ピッ、というもう聞きなれた電子音が鳴ってドアが開けられた。
「お待たせ、慧」
何やら騒がしくする人の声が聞こえる、急な来客があったのだろうか。
「ごめん、ちょーーっと騒がしいゲストがいるけどいい?」
「ゴホン、今日は僕のためにありがとう、乾杯」
「「かんぱーい」」
それぞれのコップに注がれたシャンパンを口につける。小さなクラッカーも鳴らしてちょっとしたパーティ気分だ。

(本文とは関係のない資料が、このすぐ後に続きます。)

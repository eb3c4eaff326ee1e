-- ===== src/Database/Members.antt =====
-- What the parts of the mark list contain (ext/sqlite3/database.c, database_mark).
use sqlite3_ruby.Base.{
  ◌≡◌, refl, ap, Bool-cases, inl, inr, Option, none, some, List, [], ◌∷◌, map, In, In-append_left,
  In-append_right, In-map, All, arith,
}
use sqlite3_ruby.Values.{Ptr, Bytes, Value, hash_get, bytes_eq}
use sqlite3_ruby.Database.Mark.{
  Marked, value, instance_of, rb_sqlite3_pin_array_and_contents, pin_hash_and_contents, pin_each,
  rb_sqlite3_aggregator_pin_instances,
}

pub In-pin_array :
    (v : Value) (ary : List Value) → In v ary → In (value v) (rb_sqlite3_pin_array_and_contents ary)
unfolding rb_sqlite3_pin_array_and_contents
In-pin_array v [] h = absurd h
In-pin_array v (u ∷ ary) (inl e) = inl (ap value e)
In-pin_array v (u ∷ ary) (inr old) = inr (In-pin_array v ary old)

some_value : (u v : Value) → some u ≡ some v → value u ≡ value v
some_value u v h = ground arith

pub In-pin_hash :
    (key : Bytes) (v : Value) (hash : List (Bytes × Value))
    → hash_get key hash ≡ some v
    → In (value v) (pin_hash_and_contents hash)
unfolding pin_hash_and_contents hash_get
In-pin_hash key v [] h = ground arith
In-pin_hash key v ((k, u) ∷ hash) h = elim (Bool-cases (bytes_eq k key)) [
  | inl found ↦ inl (some_value u v (rw found at h))
  | inr other ↦ inr (In-pin_hash key v hash (rw other at h))
]

pub All-of-In : {A : Type 0} (P : A → Type 0) (xs : List A) → ((x : A) → In x xs → P x) → All P xs
All-of-In P [] h = tt
All-of-In P (x ∷ xs) h = (h x (inl refl), All-of-In P xs (λ y i. h y (inr i)))

-- The object, if there is one, is marked.
abbrev pub IsMarked : List Marked → Option Value → Type 0
IsMarked marked none = Unit
IsMarked marked (some v) = In (value v) marked

pub IsMarked-of :
    (marked : List Marked) (o : Option Value)
    → ((v : Value) → o ≡ some v → In (value v) marked)
    → IsMarked marked o
IsMarked-of marked none h = tt
IsMarked-of marked (some v) h = h v refl

pub In-pin_each :
    (instances : Ptr → List Ptr) (aw i : Ptr) (aggregators : List Ptr)
    → In aw aggregators
    → In i (instances aw)
    → In (instance_of i) (pin_each instances aggregators)
unfolding pin_each rb_sqlite3_aggregator_pin_instances
In-pin_each instances aw i [] h live = absurd h
In-pin_each instances aw i (x ∷ rest) (inl e) live =
    In-append_left _ _ (pin_each instances rest) (In-map instance_of i (instances x) (rw (e) live))
In-pin_each instances aw i (x ∷ rest) (inr old) live =
    In-append_right _ (map instance_of (instances x)) _ (In-pin_each instances aw i rest old live)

「にしてもシルヴィア、クラッカーとか気合い入りまくりじゃん」
「Of course!20歳ってことは日本の成人なんでしょ、いい男なんだから本格的にアタックする人が出てきそうじゃない、良い機会だからスキャンダルの一つでも作っておこうかと思ったの」
「そうよね……数か月後に慧が付き合いだしててもおかしくないわ……」
「はぁ?僕のスキャンダルとか深淵に堕ちる覚悟はできてるんだな?」
「あー……、シルヴィア、迂闊なことは言わないほうがいいわよ」
「そもそも僕が仮に恋愛したところでメグたちとの時間を減らす気はないから」
「あ…………そぅ、もぁ゛!」
「ぅう…っん!!!ケイ!Happy birthday!」
「ちょっと待って、ビールをもって何をする気だ、ていうかそれ僕の分なんだけ―――」
慧が一口だけ飲んだビールを口に当て、一気に飲み干すシルヴィア。その勢いに二人が止めることもできず、空っぽになった空き缶が軽快な音を立てて机に転がる。
「一気……って体に良くないのよね?」
「No problem!この私がその程度で酔うわけないわ!ピザの追加するわよ!」
「うん、完全に良くない酔い方してるじゃない!?そもそも何で慧の部屋にいたのよ!?」
「私が!答えるわ!!ずばり、今日がケイのバースデイだからよ!!!」
「耳元でうるっさいわねぇ!この酔っ払い!」
「My head's killing me!」
「メグも十分酔ってるからペースダウンしなよ、しんどいならソファで寝ていいから」
「必殺!ボディプレスアターック!」
「ちょ、吐きそう、くっつくなとかじゃなく、吐くからっやめっ」
「慧!?袋…いやどきなさいよ!!」
「ケイ!温まってきたんだからつきあいなしゃい!」
「もうおとなしく寝ときなさいってば」
恵がソファで横にさせようとするが上手くいかない。シルヴィアの足元がふらついてしまい、テーブルに頭をぶつけそうになったところを慧が抱きとめる。
「ああもう、ゴメーン……ちょっと、寝るわね……」
慧の腕に抱かれたまま目を瞑り、うとうととし始めた。仕方がないので、抱きかかえた姿勢で、あやすように背中を撫でて寝かしつける、吐かれても困るのだ。慧はゲロの対処が得意ではない上に、自分の部屋をゲロで汚したくなかった。完全に寝たのを確認した慧は普段なら騒ぎ立てるメグが静かに、何も喋ってこないことに気付いた。
「メグ?……メグさん?」
声を掛けても返事はなく、既に熟睡しているメグが見つかった。アルコールを飲んだわけでもないのに静かに寝息をたてており、疲れていたことが伺えた。机の上には空っぽのピザボックスやスナックの袋が散乱してしまい、悲惨な状態となっている。シルヴィアと二人で何本か空けたビール缶も転がっており、慧は片づけのことを考えて眩暈がした。
「はぁ……でも、こういうのがありふれた幸せっていうのかな」
去年までは見られなかった光景。友達を家に呼び、どんちゃん騒ぎを楽しみ、最後は片づけに苦しめられる。酔いが回り、睡魔が襲い掛かってきたことを自覚した慧は、二人を床に寝かせて自分も床に寝転がるのだった。